Wednesday, March 11, 2009

Magic Moment

I had my first doctor's visit yesterday evening. My appointment was scheduled for 4:00 so that Brent could be there. Unfortunately, since I was the last appointment of the day, the doctor was running a bit late. Thus, Brent had to leave for class by the time it was my turn. 

After the preliminaries, I got to meet my doctor. He came highly recommended, and I must say that after just 1 visit, I felt completely at ease. This is turning into a wonderful adventure. 

The best part: I got to hear a heartbeat! The doctor said that since it was still pretty early, he wasn't sure if he'd find anything, but he did. I don't know which of us was more excited, me or the doctor. It was a wonderful moment, to realize that the miracle of growing life is happening within my body. The fact that my body can sustain that little being is amazing. Yeah, I'm tired all the time and I think I may have a permanent hole in my esophagus due to the heartburn, but it's an adventure and an honor. I'm looking forward to witnessing the new miracles to come!

Saturday, March 7, 2009

Developing Empathy

One of my fondest childhood memories comes more in a montage than a single instance. Every summer, we looked forward to camping in Northern Arizona, usually with cousins. Now that I am older and have organized a few of these things myself, I recognize the tremendous amount of planning and work that goes into a camping trip (probably not as great when it's a regular occurrence, but still substantial). 

In my childhood, though, it was a chance for adventure and freedom. With my brothers and cousins, I enjoyed exploring, discovering, and imagining. One of my favorite memories from our camping trips is always reflecting on the time spent around the campfire. Dinner, singing, story telling - I loved it all. Unfortunately, my dear cousin Dani was always out with the sun. I don't know how much of the campfire experience she remembers because she was notorious for falling asleep as soon as the sun went down. 

I completely understand how she feels now. Since becoming pregnant, I now know exactly what it's like to not be able to keep my eyes open once the sun goes down. It's usually all I can do once I get home to land myself on the couch and not move for the next couple of hours until I crawl into bed.  

Dani, I feel ya!

Sunday, March 1, 2009

The World Must Be Peopled! (or, "It's Not So Easy Being Green")

I can't trust my sense of smell anymore, I'm tired all the time, and my diet now consists almost solely of saltines, applesauce, and Gatorade . . . yes the classic symptoms do indicate what you're thinking. We're expecting! (Not so much as you'd notice yet, but that will come).

 I've been sick enough that we couldn't really keep it quiet anymore. I'm only about 7 weeks along, but I wanted you to hear it from me. I haven't been neglecting the blog on purpose - I just haven't had the energy to possibly think about typing by the time I get home from work. 

As for now, I'm happy to say that I am still able to work. I haven't been so queasy that that is impossible. I just have to be careful about what I eat. And I have to eat at least every two hours. It's a learning process, for sure, but we're figuring it out. Brent has been an angel and has been very patient with me in my current state.
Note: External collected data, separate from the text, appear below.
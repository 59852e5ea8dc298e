-- ===== src/Kernel/Mutex/Holders.antt =====
-- The counters of held mutexes and the priorities of the old and the new holder in mutex_unlock.
use rpitos.Prelude.{
  ℕ, ◌+◌, ◌%◌, ◌^◌, ◌≡◌, ◌≢◌, refl, sym, ap, ◌∙◌, true, not, ◌&&◌, some, arith, ltb, ◌==◌,
  if◌then◌else◌, Bool-cases, inl, inr,
}
use mathlib.Core.Path.{subst}
use rpitos.Kernel.State.{Kernel, Tcb}
use rpitos.Kernel.Scheduler.Ready.{out_of_range, change_task_priority}
use rpitos.Kernel.Scheduler.Blocked.{remove_from_blocked_list}
use rpitos.Kernel.Scheduler.Ready.Priority.{tcb-add_to_ready_list, tcb-change_task_priority}
use rpitos.Kernel.Mutex.{Mutex, inherits, hold, demote, restore, transfer}
use rpitos.Kernel.Mutex.Frame.{set_held}
use rpitos.Kernel.Mutex.Unlock.{raise, made_ready, tcb-remove_from_blocked_list}

-- A task before and after it gives up a mutex with inheritance.
pub record GivesUp (v v' : Tcb) : Type 0 where
  pub held : v'.mutexes_held ≡ (v.mutexes_held + 4294967295) % 2 ^ 32
  pub priority :
      v'.priority ≡ (if v.mutexes_held % 2 ^ 32 == 1 then v.base_priority else v.priority)

-- The old holder, where it is another task than the new one, and the new one.
pub record Passes (x : Mutex) (n : ℕ) (k k' : Kernel) : Type 0 where
  pub old :
      (h : ℕ) → x.mutex_owner ≡ some h → inherits x ≡ true → h ≢ n → GivesUp (k.tcb h) (k'.tcb h)
  pub new :
      (h : ℕ)
      → x.mutex_owner ≡ some h
      → inherits x ≡ true
      → h ≢ n
      → (k'.tcb n).mutexes_held ≡ ((k.tcb n).mutexes_held + 1) % 2 ^ 32

change_other : (t p a : ℕ) (k : Kernel) → a ≢ t → (change_task_priority t p k).tcb a ≡ k.tcb a
change_other t p a k d = rw (tcb-change_task_priority t p a k) (ground (arith, d))

demote_other : (h a : ℕ) (k : Kernel) → a ≢ h → (demote h k).tcb a ≡ k.tcb a
unfolding demote
demote_other h a k d =
    elim (Bool-cases
      (((k.tcb h).mutexes_held == 0) && not ((k.tcb h).priority == (k.tcb h).base_priority))) [
        | inl e ↦ rw e (change_other h (k.tcb h).base_priority a k d)
        | inr e ↦ rw e refl
      ]

restore_other : (x : Mutex) (h a : ℕ) (k : Kernel) → a ≢ h → (restore x (some h) k).tcb a ≡ k.tcb a
unfolding restore
restore_other x h a k d =
    let n = ((k.tcb h).mutexes_held + 4294967295) % 2 ^ 32 in
    elim (Bool-cases (inherits x)) [
      | inl e ↦ rw e (demote_other h a (set_held h n k) d ∙ ground (arith, d))
      | inr e ↦ rw e refl
    ]

hold_other : (x : Mutex) (n a : ℕ) (k : Kernel) → a ≢ n → (hold x n k).tcb a ≡ k.tcb a
hold_other x n a k d = elim (Bool-cases (inherits x)) [
  | inl e ↦ rw (e, hold) (ground (arith, d))
  | inr e ↦ rw (e, hold) refl
]

raise_other : (x : Mutex) (n a : ℕ) (k : Kernel) → a ≢ n → (raise x n k).tcb a ≡ k.tcb a
raise_other x n a k d =
    elim (Bool-cases (inherits x && ltb (k.tcb n).priority x.inherited_priority)) [
      | inl e ↦ rw (e, raise) (change_other n x.inherited_priority a k d)
      | inr e ↦ rw (e, raise) refl
    ]

made_ready_other : (n a : ℕ) (k : Kernel) → a ≢ n → (made_ready n k).tcb a ≡ k.tcb a
made_ready_other n a k d =
    let k3 = (remove_from_blocked_list (some n) k).1 in
    let e3 = tcb-remove_from_blocked_list n a k in
    elim (Bool-cases (out_of_range (k3.tcb n))) [
      | inl e ↦ tcb-add_to_ready_list n a k3 ∙ rw e e3
      | inr e ↦ tcb-add_to_ready_list n a k3 ∙ rw e (ground (arith, d) ∙ e3)
    ]

transfer_other : (x : Mutex) (n a : ℕ) (k : Kernel) → a ≢ n → (transfer x n k).tcb a ≡ k.tcb a
unfolding transfer
transfer_other x n a k d =
    made_ready_other n a (raise x n (hold x n k)) d
    ∙ raise_other x n a (hold x n k) d
    ∙ hold_other x n a k d

made_ready_held :
    (n : ℕ) (k : Kernel) → ((made_ready n k).tcb n).mutexes_held ≡ (k.tcb n).mutexes_held
made_ready_held n k =
    let k3 = (remove_from_blocked_list (some n) k).1 in
    let e3 = ap (λ v. v.mutexes_held) (tcb-remove_from_blocked_list n n k) in
    let made = ap (λ v. v.mutexes_held) (tcb-add_to_ready_list n n k3) in
    elim (Bool-cases (out_of_range (k3.tcb n))) [
      | inl e ↦ made ∙ rw e e3
      | inr e ↦ made ∙ rw e (ground arith ∙ e3)
    ]

raise_held :
    (x : Mutex) (n : ℕ) (k : Kernel) → ((raise x n k).tcb n).mutexes_held ≡ (k.tcb n).mutexes_held
raise_held x n k = elim (Bool-cases (inherits x && ltb (k.tcb n).priority x.inherited_priority)) [
  | inl e ↦ rw (e, raise) (rw (tcb-change_task_priority n x.inherited_priority n k) (ground arith))
  | inr e ↦ rw (e, raise) refl
]

transfer_held :
    (x : Mutex) (n : ℕ) (k : Kernel)
    → inherits x ≡ true
    → ((transfer x n k).tcb n).mutexes_held ≡ ((k.tcb n).mutexes_held + 1) % 2 ^ 32
unfolding transfer
transfer_held x n k on =
    made_ready_held n (raise x n (hold x n k))
    ∙ raise_held x n (hold x n k)
    ∙ rw (on, hold) (ground arith)

demote_held : (h : ℕ) (k : Kernel) → ((demote h k).tcb h).mutexes_held ≡ (k.tcb h).mutexes_held
unfolding demote
demote_held h k =
    elim (Bool-cases
      (((k.tcb h).mutexes_held == 0) && not ((k.tcb h).priority == (k.tcb h).base_priority))) [
        | inl e ↦ rw e (rw (tcb-change_task_priority h (k.tcb h).base_priority h k) (ground arith))
        | inr e ↦ rw e refl
      ]

demote_priority :
    (h : ℕ) (k : Kernel)
    → ((demote h k).tcb h).priority
      ≡ (if (k.tcb h).mutexes_held == 0 then (k.tcb h).base_priority else (k.tcb h).priority)
unfolding demote
demote_priority h k = elim (Bool-cases ((k.tcb h).mutexes_held == 0)) [
  | inr z ↦ rw z refl
  | inl z ↦ elim (Bool-cases ((k.tcb h).priority == (k.tcb h).base_priority)) [
    | inl e ↦ rw (z, e) (ground (arith, e))
    | inr e ↦ rw (z, e) (rw (tcb-change_task_priority h (k.tcb h).base_priority h k) (ground arith))
  ]
]

last_one : (n : ℕ) → ((n + 4294967295) % 2 ^ 32 == 0) ≡ (n % 2 ^ 32 == 1)
last_one n = ground arith

pub restore-GivesUp :
    (x : Mutex) (h : ℕ) (k : Kernel)
    → inherits x ≡ true
    → GivesUp (k.tcb h) ((restore x (some h) k).tcb h)
unfolding restore
restore-GivesUp x h k on =
    let n = ((k.tcb h).mutexes_held + 4294967295) % 2 ^ 32 in
    rw on (record {
      held = demote_held h (set_held h n k) ∙ ground arith;
      priority =
          demote_priority h (set_held h n k)
          ∙ (let e : (h == h) ≡ true = ground arith in
              rw (e, last_one (k.tcb h).mutexes_held) refl);
    })

pub transfer-Passes :
    (x x1 : Mutex) (n : ℕ) (k : Kernel)
    → inherits x1 ≡ inherits x
    → Passes x n k (transfer x1 n (restore x x.mutex_owner k))
transfer-Passes x x1 n k same = record {
  old = λ h own on d.
      subst (λ o. GivesUp (k.tcb h) ((transfer x1 n (restore x o k)).tcb h)) (sym own)
        (subst (GivesUp (k.tcb h)) (sym (transfer_other x1 n h (restore x (some h) k) d))
          (restore-GivesUp x h k on));
  new = λ h own on d.
      ap (λ o. ((transfer x1 n (restore x o k)).tcb n).mutexes_held) own
      ∙ transfer_held x1 n (restore x (some h) k) (same ∙ on)
      ∙ ap (λ v. (v.mutexes_held + 1) % 2 ^ 32) (restore_other x h n k (λ e. d (sym e)));
}
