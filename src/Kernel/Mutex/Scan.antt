-- ===== src/Kernel/Mutex/Scan.antt =====
-- The scan of mutex_unlock ends, at the first of the waiters of the highest priority and with the
-- highest priority of the others.
use rpitos.Prelude.{
  ℕ, zero, suc, ◌<◌, ◌≤◌, ◌≡◌, refl, sym, ap, ◌∙◌, true, Option, none, some, List, [], ◌∷◌, ◌++◌,
  arith, has, has-append, head_or, length, ltb, if◌then◌else◌, Bool-cases, inl, inr, ltb→lt,
}
use mathlib.Core.Path.{subst}
use mathlib.Core.List.{append_assoc, append-nil}
use rpitos.Kernel.State.{Kernel}
use rpitos.Kernel.Links.Chain.{IsSeg}
use rpitos.Kernel.Mutex.{better, scan, waiter_priority}

-- The highest value on a list, or 0.
abbrev pub highest : (ℕ → ℕ) → List ℕ → ℕ
highest f [] = 0
highest f (x ∷ xs) = if ltb (highest f xs) (f x) then f x else highest f xs

-- `best` is the first of the items with the highest value, and `second` the highest of the others.
pub record IsBest (f : ℕ → ℕ) (xs : List ℕ) (best second : ℕ) : Type 0 where
  pub front : List ℕ
  pub back : List ℕ
  pub parts : xs ≡ front ++ best ∷ back
  pub before : (a : ℕ) → has a front ≡ true → f a < f best
  pub behind : (a : ℕ) → has a back ≡ true → f a ≤ f best
  pub runner_up : second ≡ highest f (front ++ back)

highest-append :
    (f : ℕ → ℕ) (xs ys : List ℕ)
    → highest f (xs ++ ys)
      ≡ (if ltb (highest f ys) (highest f xs) then highest f xs else highest f ys)
highest-append f [] ys = ground arith
highest-append f (x ∷ xs) ys = ground (arith, highest-append f xs ys)

module _ (f : ℕ → ℕ) where
  IsBest-le :
      (xs : List ℕ) (best second : ℕ)
      → IsBest f xs best second
      → (a : ℕ) → has a xs ≡ true
      → f a ≤ f best
  IsBest-le xs best second v a h =
      let here : has a (v.front ++ best ∷ v.back) ≡ true = rw (← v.parts) h in
      ground (arith, has-append a v.front (best ∷ v.back), v.before a, v.behind a)

  -- What the best item leaves behind when another one takes its place.
  IsBest-all :
      (xs : List ℕ) (best second : ℕ)
      → IsBest f xs best second
      → highest f xs ≡ (if ltb second (f best) then f best else second)
  IsBest-all xs best second v =
      rw (v.parts, v.runner_up)
        (ground (arith, highest-append f v.front (best ∷ v.back), highest-append f v.front v.back))

  better-IsBest :
      (ys : List ℕ) (best second z : ℕ)
      → IsBest f ys best second
      → let (best', second') = better f z (best, second) in IsBest f (ys ++ z ∷ []) best' second'
  unfolding better
  better-IsBest ys best second z v = elim (Bool-cases (ltb (f best) (f z))) [
    | inl e ↦ rw e (record {
      front = ys;
      back = [];
      parts = refl;
      before = λ a h. omega (arith, IsBest-le ys best second v a h, ltb→lt (f best) (f z) e);
      behind = λ a h. absurd (ground arith);
      runner_up = sym (IsBest-all ys best second v) ∙ ap (highest f) (sym (append-nil ys));
    })
    | inr e ↦ rw e (record {
      front = v.front;
      back = v.back ++ z ∷ [];
      parts = ap (λ l. l ++ z ∷ []) v.parts ∙ append_assoc v.front (best ∷ v.back) (z ∷ []);
      before = v.before;
      behind = λ a h. ground (arith, has-append a v.back (z ∷ []), v.behind a);
      runner_up = rw (v.runner_up) (
          ground (
            arith,
            highest-append f v.front v.back,
            highest-append f v.front (v.back ++ z ∷ []),
            highest-append f v.back (z ∷ []),
          ));
    })
  ]

  -- An empty remainder, or one more round.
  first-IsBest : (x : ℕ) → IsBest f (x ∷ []) x 0
  first-IsBest x = record {
    front = [];
    back = [];
    parts = refl;
    before = λ a h. absurd (ground arith);
    behind = λ a h. absurd (ground arith);
    runner_up = refl;
  }

-- What the scan returns.
pub record Scans (f : ℕ → ℕ) (xs : List ℕ) (r : Option (ℕ × ℕ)) : Type 0 where
  pub best : ℕ
  pub second : ℕ
  pub result : r ≡ some (best, second)
  pub is_best : IsBest f xs best second

module _ (k : Kernel) (c : ℕ) where
  scan-Scans :
      (fuel best second : ℕ) (ys zs : List ℕ) (p : Option ℕ)
      → IsBest (waiter_priority k) ys best second
      → IsSeg k.links.item c p none zs
      → length zs ≤ fuel
      → Scans (waiter_priority k) (ys ++ zs) (scan fuel (head_or none zs) (best, second) k)
  unfolding scan
  scan-Scans fuel best second ys [] p v s room = record {
    best = best;
    second = second;
    result = refl;
    is_best = subst (λ l. IsBest (waiter_priority k) l best second) (sym (append-nil ys)) v;
  }
  scan-Scans zero best second ys (z ∷ zs) p v s room = absurd (omega arith)
  scan-Scans (suc fuel) best second ys (z ∷ zs) p v s room =
      let f = waiter_priority k in
      let (best', second') = better f z (best, second) in
      let rest =
        scan-Scans fuel best' second' (ys ++ z ∷ []) zs (some z)
          (better-IsBest f ys best second z v) s.3 (omega arith) in
      rw s.1 (
        subst (λ l. Scans f l (scan fuel (head_or none zs) (best', second') k))
          (append_assoc ys (z ∷ []) zs) rest)

  -- The whole scan, from the head of the list on.
  pub scan_all :
      (h : ℕ) (xs : List ℕ) (n : ℕ)
      → IsSeg k.links.item c none none (h ∷ xs)
      → length xs ≤ n
      → Scans (waiter_priority k) (h ∷ xs) (scan n (k.links.item h).next (h, 0) k)
  scan_all h xs n s room =
      rw s.1 (scan-Scans n h 0 (h ∷ []) xs (some h) (first-IsBest (waiter_priority k) h) s.3 room)
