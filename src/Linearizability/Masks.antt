-- ===== src/Linearizability/Masks.antt =====
-- The mask of src/linearizability.rs as the set of operations still to be ordered.
use nutdb.Prelude.{
  ℕ, zero, suc, ◌+◌, ◌<◌, ◌≡◌, refl, ap, Bool, true, false, List, [], ◌∷◌, arith, ltb, ◌==◌,
  if◌then◌else◌, set, replicate, All, ==_iff, Bool-cases, inl, inr,
}
use mathlib.Core.Path.{subst}
use nutdb.Linearizability.{is_used, all_used}
use nutdb.Linearizability.Spec.{count}

pub is_used-set :
    (used : List Bool) (k i : ℕ)
    → is_used (set used k true) i ≡ (if k == i then true else is_used used i)
unfolding is_used
is_used-set [] k i = ground arith
is_used-set (u ∷ used) zero zero = refl
is_used-set (u ∷ used) zero (suc i) = ground arith
is_used-set (u ∷ used) (suc k) zero = ground arith
is_used-set (u ∷ used) (suc k) (suc i) = ground (arith, is_used-set used k i)

pub all_used-is_used : (used : List Bool) (i : ℕ) → all_used used ≡ true → is_used used i ≡ true
unfolding all_used is_used
all_used-is_used [] i h = refl
all_used-is_used (u ∷ used) zero h = ground arith
all_used-is_used (u ∷ used) (suc i) h = ground (arith, all_used-is_used used i)

pub is_used-all_used : (used : List Bool) → ((i : ℕ) → is_used used i ≡ true) → all_used used ≡ true
unfolding all_used is_used
is_used-all_used [] h = refl
is_used-all_used (u ∷ used) h = ground (arith, h 0, is_used-all_used used (λ i. h (suc i)))

-- How many operations are left.
pub unused : List Bool → ℕ
unused [] = 0
unused (u ∷ used) = (if u then 0 else 1) + unused used

pub unused-set :
    (used : List Bool) (k : ℕ) → is_used used k ≡ false → unused (set used k true) + 1 ≡ unused used
unfolding unused is_used
unused-set [] k h = ground arith
unused-set (u ∷ used) zero h = ground arith
unused-set (u ∷ used) (suc k) h = ground (arith, unused-set used k)

pub unused-replicate : (n : ℕ) → unused (replicate n false) ≡ n
unfolding unused
unused-replicate zero = refl
unused-replicate (suc n) = omega (arith, unused-replicate n)

-- The order lists the operations left, each once.
abbrev pub Covers : List Bool → List ℕ → Type 0
Covers used order = (i : ℕ) → count i order ≡ (if is_used used i then 0 else 1)

pub Covers-nil : (used : List Bool) → all_used used ≡ true → Covers used []
unfolding count
Covers-nil used h i = rw (all_used-is_used used i h) refl

pub Covers-done : (used : List Bool) → Covers used [] → all_used used ≡ true
unfolding count
Covers-done used h = is_used-all_used used (λ i. ground (arith, h i))

pub Covers-cons :
    (used : List Bool) (k : ℕ) (order : List ℕ)
    → is_used used k ≡ false
    → Covers (set used k true) order
    → Covers used (k ∷ order)
unfolding count
Covers-cons used k order h c i = elim (Bool-cases (k == i)) [
  | inl e ↦
      (let same : k ≡ i = (==_iff k i).0 e in
        ground (arith, e, c i, is_used-set used k i, ap (is_used used) same))
  | inr e ↦ ground (arith, c i, is_used-set used k i)
]

pub Covers-uncons :
    (used : List Bool) (k : ℕ) (order : List ℕ)
    → Covers used (k ∷ order)
    → (is_used used k ≡ false) × Covers (set used k true) order
unfolding count
Covers-uncons used k order c = (ground (arith, c k), λ i. ground (arith, c i, is_used-set used k i))

pub All-of_count :
    (P : ℕ → Type 0) (order : List ℕ) → ((i : ℕ) → 0 < count i order → P i) → All P order
unfolding count
All-of_count P [] h = tt
All-of_count P (k ∷ order) h =
    (h k (ground arith), All-of_count P order (λ i p. h i (ground arith)))

pub count-All : (P : ℕ → Type 0) (order : List ℕ) (i : ℕ) → All P order → 0 < count i order → P i
unfolding count
count-All P [] i h p = absurd (omega arith)
count-All P (k ∷ order) i h p = elim (Bool-cases (k == i)) [
  | inl e ↦ subst P ((==_iff k i).0 e) h.0
  | inr e ↦ count-All P order i h.1 (ground arith)
]

-- An order of a fresh mask lists each of `n` operations once, and nothing else.
pub is_used-replicate :
    (n i : ℕ) → is_used (replicate n false) i ≡ (if ltb i n then false else true)
unfolding is_used
is_used-replicate zero i = ground arith
is_used-replicate (suc n) zero = ground arith
is_used-replicate (suc n) (suc i) = ground (arith, is_used-replicate n i)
I certainly couldn't do this without him. 

While feeling simultaneously thrilled and slightly overwhelmed at this new, life-changing responsibilty, Brent and I have been doing our best to plan ahead. We see a snag already. Currently our mattress resides on the floor. No problem for now, however, in a few month's time I am going to have considerable more difficulty getting onto and off of said mattress. And so begins our quest. 

We have several options. 1) Purchase box springs or foundations for the mattress. 2) Purchase a whole new bed set. Option number 2 looks most appealing to me. According to my father I'm going to be uncomfortable anyway, so we might as well make me as comfortably uncomfortable as possible. However, we have, as they say, champagne taste on a beer budget. Beds are expensive, especially if you're getting one of any quality whatsoever. We could afford a new queen size bed. However, the other concern is that my husband is exceedingly tall, and I'm not exactly petite, myself. Thus, I wonder about the logistics of the two of us fitting on a queen sized bed. We currently have a king size mattress. Oh, options, options. 

Being the frugal-minded person I am, I would push for new foundations . . . we can save for a new bed later. Brent says he would rather have me be comfortable. We'll see what we decide. There are just so many ways to spend the money we do make that sometimes it's hard to know what is the best decision.

I know this is getting to be one of those epistle-length posts, but I felt so clever yesterday, that I just had to share. We went to a local mattress factory yesterday (to research our options for the aforementioned problem). The owner gave us the run-down on everything and told us that they actually make the beds right there. 

Me, being my cheeky self, said, "oh, so if we buy our mattress here, you'll teach us how to fold those hospital-tight corners? I've always wanted to learn how to do that!" To which he replied, "No, I don't make beds here . . . I make . . . beds . . . " and then promptly turned a lovely shade of red as he hastily explained that that was his wife's job. Oh, too funny. We all left laughing.